Ronald grazed Captain Marvel in his own modest backyard. There wasn't much room, certainly not enough for a proper barn, but Ronald was industrious and built a small wooden shelter for Captain Marvel at the yard's far end, a shelter not unlike a giant doghouse. Ronald painted the walls of Captain Marvel's house bright red, with a little golden lightning bolt over the arched entrance.

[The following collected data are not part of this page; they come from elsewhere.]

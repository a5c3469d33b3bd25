-- ===== src/Study/Play/Moves.antt =====
-- How an action may change a session.
use hquizlet_platform.Prelude.{
  ℕ, ◌≡◌, refl, ap, ◌∙◌, sym, Bool, true, false, ◌&&◌, String, [], ◌∷◌, Option, some, ◌==◌, arith,
  Bool-cases, inl, inr,
}
use hquizlet_platform.Prelude.Int.{ℤ}
use hquizlet_platform.Study.Model.{
  AnswerMap, answer_at, set_answer, QuizSession, SessionView, ok, TextFns,
}
use hquizlet_platform.Study.View.{Content, is_some, is_submitted}
use hquizlet_platform.Study.View.Kept.{Kept, build_view-Kept}
use hquizlet_platform.Study.Play.{auto_submit, give_answer, perform, act_on}
use hquizlet_platform.Study.Play.Steps.{
  auto_submit-cases, give_answer-cases, perform-cases, act_on-inv,
}

-- What no action changes, what it leaves alone once the session is submitted, and what it leaves
-- alone where answers are marked at once.
pub record Moves (s x : QuizSession) : Type 0 where
  pub same : x ≡ record s {
    submitted_at = x.submitted_at;
    completed_score = x.completed_score;
    answers = x.answers;
    seen = x.seen;
    current_index = x.current_index;
  }
  pub final : is_submitted s ≡ true → (x.answers ≡ s.answers) × (x.submitted_at ≡ s.submitted_at)
  pub marked :
      (i : ℕ) (a : String)
      → s.instant ≡ true
      → answer_at i s.answers ≡ some a
      → answer_at i x.answers ≡ some a

pub Moves-refl : (s : QuizSession) → Moves s s
Moves-refl s = record { same = refl; final = λ h. (refl, refl); marked = λ i a m h. h }

pub Moves-trans : (s x y : QuizSession) → Moves s x → Moves x y → Moves s y
Moves-trans s x y m n = record {
  same =
      n.same
      ∙ ap {A = QuizSession}
          (λ z. record z {
            submitted_at = y.submitted_at;
            completed_score = y.completed_score;
            answers = y.answers;
            seen = y.seen;
            current_index = y.current_index;
          })
          m.same;
  final = λ h.
      let later = n.final (ap is_some (m.final h).1 ∙ h) in
      (later.0 ∙ (m.final h).0, later.1 ∙ (m.final h).1);
  marked = λ i a k h. n.marked i a (ap (λ z. z.instant) m.same ∙ k) (m.marked i a k h);
}

-- A session that is not submitted may be so at any time.
submit-Moves :
    (s : QuizSession) (at : Option ℕ)
    → is_submitted s ≡ false
    → Moves s (record s { submitted_at = at })
submit-Moves s at h = record {
  same = refl;
  final = λ k. absurd (ground (arith, h, k));
  marked = λ i a m e. e;
}

auto_submit-Moves : (now : ℕ) (s : QuizSession) → Moves s (auto_submit now s)
auto_submit-Moves now s = elim (auto_submit-cases now s) [
  | inl kept ↦ rw kept (Moves-refl s)
  | inr (d, due, running, late, e) ↦ rw e (submit-Moves s (some d) running)
]

pub ==_eq : (i j : ℕ) → (i == j) ≡ true → i ≡ j
==_eq i j h = ground arith

answer_at-set_answer :
    (i j : ℕ) (a : String) (m : AnswerMap)
    → (i == j) ≡ false
    → answer_at j (set_answer i a m) ≡ answer_at j m
answer_at-set_answer i j a [] h = ground arith
answer_at-set_answer i j a ((k, b) ∷ m) h = ground (arith, answer_at-set_answer i j a m h)

module _ (t : TextFns) where
  set_answer-Moves :
      (s : QuizSession) (i : ℕ) (a : String)
      → is_submitted s ≡ false
      → (s.instant && is_some (answer_at i s.answers)) ≡ false
      → Moves s (record s { answers = set_answer i a s.answers })
  set_answer-Moves s i a h k = record {
    same = refl;
    final = λ m. absurd (ground (arith, h, m));
    marked = λ j b m e. elim (Bool-cases (i == j)) [
      | inl same ↦ absurd (ground (arith, k, m, e, ==_eq i j same))
      | inr other ↦ answer_at-set_answer i j a s.answers other ∙ e
    ];
  }

  give_answer-Moves :
      (c : Content) (s x : QuizSession) (i : ℕ) (answer : String)
      → give_answer t c s i answer ≡ ok x
      → Moves s x
  give_answer-Moves c s x i answer h = elim (give_answer-cases t c s x i answer h) [
    | inl kept ↦ rw kept (Moves-refl s)
    | inr g ↦ rw g.effect (set_answer-Moves s i answer g.running g.unmarked)
  ]

  perform-Moves :
      (c : Content) (s x : QuizSession) (action : String) (i : ℕ) (answer : String) (now : ℕ)
      → perform t c s action i answer now ≡ ok x
      → Moves s x
  perform-Moves c s x action i answer now h = elim (perform-cases t c s x action i answer now h) [
    | inl kept ↦ rw kept (Moves-refl s)
    | inr (inl given) ↦ give_answer-Moves c s x i answer given
    | inr (inr (running, e)) ↦ rw e (submit-Moves s (some now) running)
  ]

  Kept-Moves : (s x : QuizSession) → Kept s x → Moves s x
  Kept-Moves s x k = record {
    same =
        k
        ∙ ap {A = QuizSession}
            (λ z. record s {
              submitted_at = z.submitted_at;
              completed_score = x.completed_score;
              answers = z.answers;
              seen = x.seen;
              current_index = x.current_index;
            })
            (sym k);
    final = λ h. (ap (λ z. z.answers) k, ap (λ z. z.submitted_at) k);
    marked = λ i a m e. ap (λ z. answer_at i z.answers) k ∙ e;
  }

  pub act_on-Moves :
      (c : Content) (s x : QuizSession) (action : String) (index : ℤ) (answer : String) (now : ℕ)
      (inc : Bool) (v : SessionView)
      → act_on t c s action index answer now inc ≡ ok (x, v)
      → Moves s x
  act_on-Moves c s x action index answer now inc v h =
      let (i, played, at, done, built) = act_on-inv t c s x action index answer now inc v h in
      Moves-trans s (auto_submit now s) x (auto_submit-Moves now s) (
        Moves-trans (auto_submit now s) played x
          (perform-Moves c (auto_submit now s) played action i answer now done)
          (Kept-Moves played x (build_view-Kept t played x c i now inc v built)))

Ronald made all kinds of efforts to care for that horse. He ordered bunches of sweet green hay from a nearby farm. Once a day he offered Captain Marvel milk from a child's plastic bucket, milk with electrolytes in it, which I imagined as tiny electrical charges that I could almost see firing along Captain Marvel's ribs, popping and sparking up and down the carved muscles of his legs. But for all the power coursing through that horse, he had little opportunity to run, to really bolt. Ronald had purchased a cheap horse trailer, not much more than an aluminum crate on wheels, and once in a while, whenever he had time and could get permission, he'd drive Captain Marvel to the local high school after cla.s.ses were finished and ride him back and forth across the soccer field. Captain Marvel's hooves pounded the earth so hard I could feel the thuds all the way from where I stood on the sidelines. But as I said, Ronald was a wanted man at the golf course and could rarely go galloping like that. So Captain Marvel spent most of his days in the yard, waiting inside his little red house for his chance to explode through the world. Which is how I felt too, living with Ronald, waiting to be given my job.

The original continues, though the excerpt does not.